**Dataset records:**
○ ○ ○

-- ===== src/Keyboard.antt =====
-- The key buffer of a process of ViOS64Bit/src/keyboard/keyboard.c, and the keyboard's interrupt handler of
-- ViOS64Bit/src/keyboard/ps2keyboard.c that fills it. `tail` and `head` are `int`s, kept as the
-- `size_t` that the code converts them to: a negative one is 2^31 at most below 2^64. The overflow of an `int` is
-- undefined, and faults.
pub mod Ring
pub mod Scancodes
mod Tests
use vi_os.Prelude.{
  ℕ, zero, suc, ◌+◌, ◌-◌, ◌%◌, Bool, true, false, ◌&&◌, not, List, [], ◌∷◌, Option, none, some, ltb,
  leb, ◌==◌, if◌then◌else◌, length, Run, ok, fault, ◌>>=◌, load, store, add64, sub64, ◌^◌,
}

-- `struct keyboard_buffer`
pub record KeyboardBuffer : Type 0 where
  pub buffer : List ℕ
  pub tail : ℕ
  pub head : ℕ

unfoldable pub get_tail_index : KeyboardBuffer → ℕ
get_tail_index keyboard = keyboard.tail % 1024

-- `n + 1` and `n - 1` of an `int`.
unfoldable pub next_int : ℕ → Run ℕ
next_int n = if n == 2 ^ 31 - 1 then fault else ok (add64 n 1)

unfoldable pub prev_int : ℕ → Run ℕ
prev_int n = if n == 2 ^ 64 - 2 ^ 31 then fault else ok (sub64 n 1)

unfoldable pub backspace : KeyboardBuffer → Run KeyboardBuffer
unfolding get_tail_index prev_int
backspace keyboard = prev_int keyboard.tail >>= λ tail'.
    let real_index = get_tail_index (record keyboard { tail = tail' }) in
    store keyboard.buffer real_index 0 >>= λ buffer'.
    ok (record keyboard { tail = tail'; buffer = buffer' })

-- The buffer of the current process, if there is one.
unfoldable pub push : Option KeyboardBuffer → ℕ → Run (Option KeyboardBuffer)
unfolding get_tail_index next_int
push none c = ok none
push (some keyboard) c =
    if c == 0
    then ok (some keyboard)
    else (store keyboard.buffer (get_tail_index keyboard) c >>= λ buffer'.
        next_int keyboard.tail >>= λ tail'.
        ok (some (record keyboard { buffer = buffer'; tail = tail' })))

-- The character, 0 where there is none, and the buffer of the current task's process.
unfoldable pub pop : Option KeyboardBuffer → Run (ℕ × Option KeyboardBuffer)
unfolding next_int
pop none = ok (0, none)
pop (some keyboard) =
    let real_index = keyboard.head % 1024 in
    load keyboard.buffer real_index >>= λ c.
    if c == 0
    then ok (0, some keyboard)
    else (store keyboard.buffer real_index 0 >>= λ buffer'. next_int keyboard.head >>= λ head'.
        ok (c, some (record keyboard { buffer = buffer'; head = head' })))

abbrev pub scan_set_one : List ℕ
scan_set_one =
    0 ∷ 27 ∷ 49 ∷ 50 ∷ 51 ∷ 52 ∷ 53 ∷ 54 ∷ 55 ∷ 56 ∷ 57 ∷ 48 ∷ 45 ∷ 61 ∷ 8 ∷ 9 ∷ 81 ∷ 87 ∷ 69 ∷ 82
    ∷ 84 ∷ 89 ∷ 85 ∷ 73 ∷ 79 ∷ 80 ∷ 91 ∷ 93 ∷ 13 ∷ 0 ∷ 65 ∷ 83 ∷ 68 ∷ 70 ∷ 71 ∷ 72 ∷ 74 ∷ 75 ∷ 76
    ∷ 59 ∷ 39 ∷ 96 ∷ 0 ∷ 92 ∷ 90 ∷ 88 ∷ 67 ∷ 86 ∷ 66 ∷ 78 ∷ 77 ∷ 44 ∷ 46 ∷ 47 ∷ 0 ∷ 42 ∷ 0 ∷ 32 ∷ 0
    ∷ 0 ∷ 0 ∷ 0 ∷ 0 ∷ 0 ∷ 0 ∷ 0 ∷ 0 ∷ 0 ∷ 0 ∷ 55 ∷ 56 ∷ 57 ∷ 45 ∷ 52 ∷ 53 ∷ 54 ∷ 43 ∷ 49 ∷ 50 ∷ 51
    ∷ 48 ∷ 46 ∷ []

-- A read behind the table faults; `capslock` is KEYBOARD_CAPS_LOCK_ON.
unfoldable pub scancode_to_char : Bool → ℕ → Run ℕ
scancode_to_char capslock scancode =
    if ltb (length scan_set_one) scancode
    then ok 0
    else (load scan_set_one scancode >>= λ c.
        ok (if not capslock && leb 65 c && leb c 90 then c + 32 else c))

-- The state of capslock and the buffer of the current process after the interrupt for a scancode.
unfoldable pub handle_interrupt :
    Bool → Option KeyboardBuffer → ℕ → Run (Bool × Option KeyboardBuffer)
handle_interrupt capslock current scancode =
    if leb 128 scancode
    then ok (capslock, current)
    else key (if scancode == 58 then not capslock else capslock)
  where
    key : Bool → Run (Bool × Option KeyboardBuffer)
    key capslock' = do
      c ← scancode_to_char capslock' scancode
      let pushed = push current c >>= λ current'. ok (capslock', current')
      if c == 0 then ok (capslock', current) else pushed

○ ○ ○

**Problem requirements:** For this exercise, restate each of the entries without any deviation.

**Answer to the exercise:**
-- ===== src/Keyboard.antt =====
-- The key buffer of a process of ViOS64Bit/src/keyboard/keyboard.c, and the keyboard's interrupt handler of
-- ViOS64Bit/src/keyboard/ps2keyboard.c that fills it. `tail` and `head` are `int`s, kept as the
-- `size_t` that the code converts them to: a negative one is 2^31 at most below 2^64. The overflow of an `int` is
-- undefined, and faults.
pub mod Ring
pub mod Scancodes
mod Tests
use vi_os.Prelude.{
  ℕ, zero, suc, ◌+◌, ◌-◌, ◌%◌, Bool, true, false, ◌&&◌, not, List, [], ◌∷◌, Option, none, some, ltb,
  leb, ◌==◌, if◌then◌else◌, length, Run, ok, fault, ◌>>=◌, load, store, add64, sub64, ◌^◌,
}

-- `struct keyboard_buffer`
pub record KeyboardBuffer : Type 0 where
  pub buffer : List ℕ
  pub tail : ℕ
  pub head : ℕ

unfoldable pub get_tail_index : KeyboardBuffer → ℕ
get_tail_index keyboard = keyboard.tail % 1024

-- `n + 1` and `n - 1` of an `int`.
unfoldable pub next_int : ℕ → Run ℕ
next_int n = if n == 2 ^ 31 - 1 then fault else ok (add64 n 1)

unfoldable pub prev_int : ℕ → Run ℕ
prev_int n = if n == 2 ^ 64 - 2 ^ 31 then fault else ok (sub64 n 1)

unfoldable pub backspace : KeyboardBuffer → Run KeyboardBuffer
unfolding get_tail_index prev_int
backspace keyboard = prev_int keyboard.tail >>= λ tail'.
    let real_index = get_tail_index (record keyboard { tail = tail' }) in
    store keyboard.buffer real_index 0 >>= λ buffer'.
    ok (record keyboard { tail = tail'; buffer = buffer' })

-- The buffer of the current process, if there is one.
unfoldable pub push : Option KeyboardBuffer → ℕ → Run (Option KeyboardBuffer)
unfolding get_tail_index next_int
push none c = ok none
push (some keyboard) c =
    if c == 0
    then ok (some keyboard)
    else (store keyboard.buffer (get_tail_index keyboard) c >>= λ buffer'.
        next_int keyboard.tail >>= λ tail'.
        ok (some (record keyboard { buffer = buffer'; tail = tail' })))

-- The character, 0 where there is none, and the buffer of the current task's process.
unfoldable pub pop : Option KeyboardBuffer → Run (ℕ × Option KeyboardBuffer)
unfolding next_int
pop none = ok (0, none)
pop (some keyboard) =
    let real_index = keyboard.head % 1024 in
    load keyboard.buffer real_index >>= λ c.
    if c == 0
    then ok (0, some keyboard)
    else (store keyboard.buffer real_index 0 >>= λ buffer'. next_int keyboard.head >>= λ head'.
        ok (c, some (record keyboard { buffer = buffer'; head = head' })))

abbrev pub scan_set_one : List ℕ
scan_set_one =
    0 ∷ 27 ∷ 49 ∷ 50 ∷ 51 ∷ 52 ∷ 53 ∷ 54 ∷ 55 ∷ 56 ∷ 57 ∷ 48 ∷ 45 ∷ 61 ∷ 8 ∷ 9 ∷ 81 ∷ 87 ∷ 69 ∷ 82
    ∷ 84 ∷ 89 ∷ 85 ∷ 73 ∷ 79 ∷ 80 ∷ 91 ∷ 93 ∷ 13 ∷ 0 ∷ 65 ∷ 83 ∷ 68 ∷ 70 ∷ 71 ∷ 72 ∷ 74 ∷ 75 ∷ 76
    ∷ 59 ∷ 39 ∷ 96 ∷ 0 ∷ 92 ∷ 90 ∷ 88 ∷ 67 ∷ 86 ∷ 66 ∷ 78 ∷ 77 ∷ 44 ∷ 46 ∷ 47 ∷ 0 ∷ 42 ∷ 0 ∷ 32 ∷ 0
    ∷ 0 ∷ 0 ∷ 0 ∷ 0 ∷ 0 ∷ 0 ∷ 0 ∷ 0 ∷ 0 ∷ 0 ∷ 55 ∷ 56 ∷ 57 ∷ 45 ∷ 52 ∷ 53 ∷ 54 ∷ 43 ∷ 49 ∷ 50 ∷ 51
    ∷ 48 ∷ 46 ∷ []

-- A read behind the table faults; `capslock` is KEYBOARD_CAPS_LOCK_ON.
unfoldable pub scancode_to_char : Bool → ℕ → Run ℕ
scancode_to_char capslock scancode =
    if ltb (length scan_set_one) scancode
    then ok 0
    else (load scan_set_one scancode >>= λ c.
        ok (if not capslock && leb 65 c && leb c 90 then c + 32 else c))

-- The state of capslock and the buffer of the current process after the interrupt for a scancode.
unfoldable pub handle_interrupt :
    Bool → Option KeyboardBuffer → ℕ → Run (Bool × Option KeyboardBuffer)
handle_interrupt capslock current scancode =
    if leb 128 scancode
    then ok (capslock, current)
    else key (if scancode == 58 then not capslock else capslock)
  where
    key : Bool → Run (Bool × Option KeyboardBuffer)
    key capslock' = do
      c ← scancode_to_char capslock' scancode
      let pushed = push current c >>= λ current'. ok (capslock', current')
      if c == 0 then ok (capslock', current) else pushed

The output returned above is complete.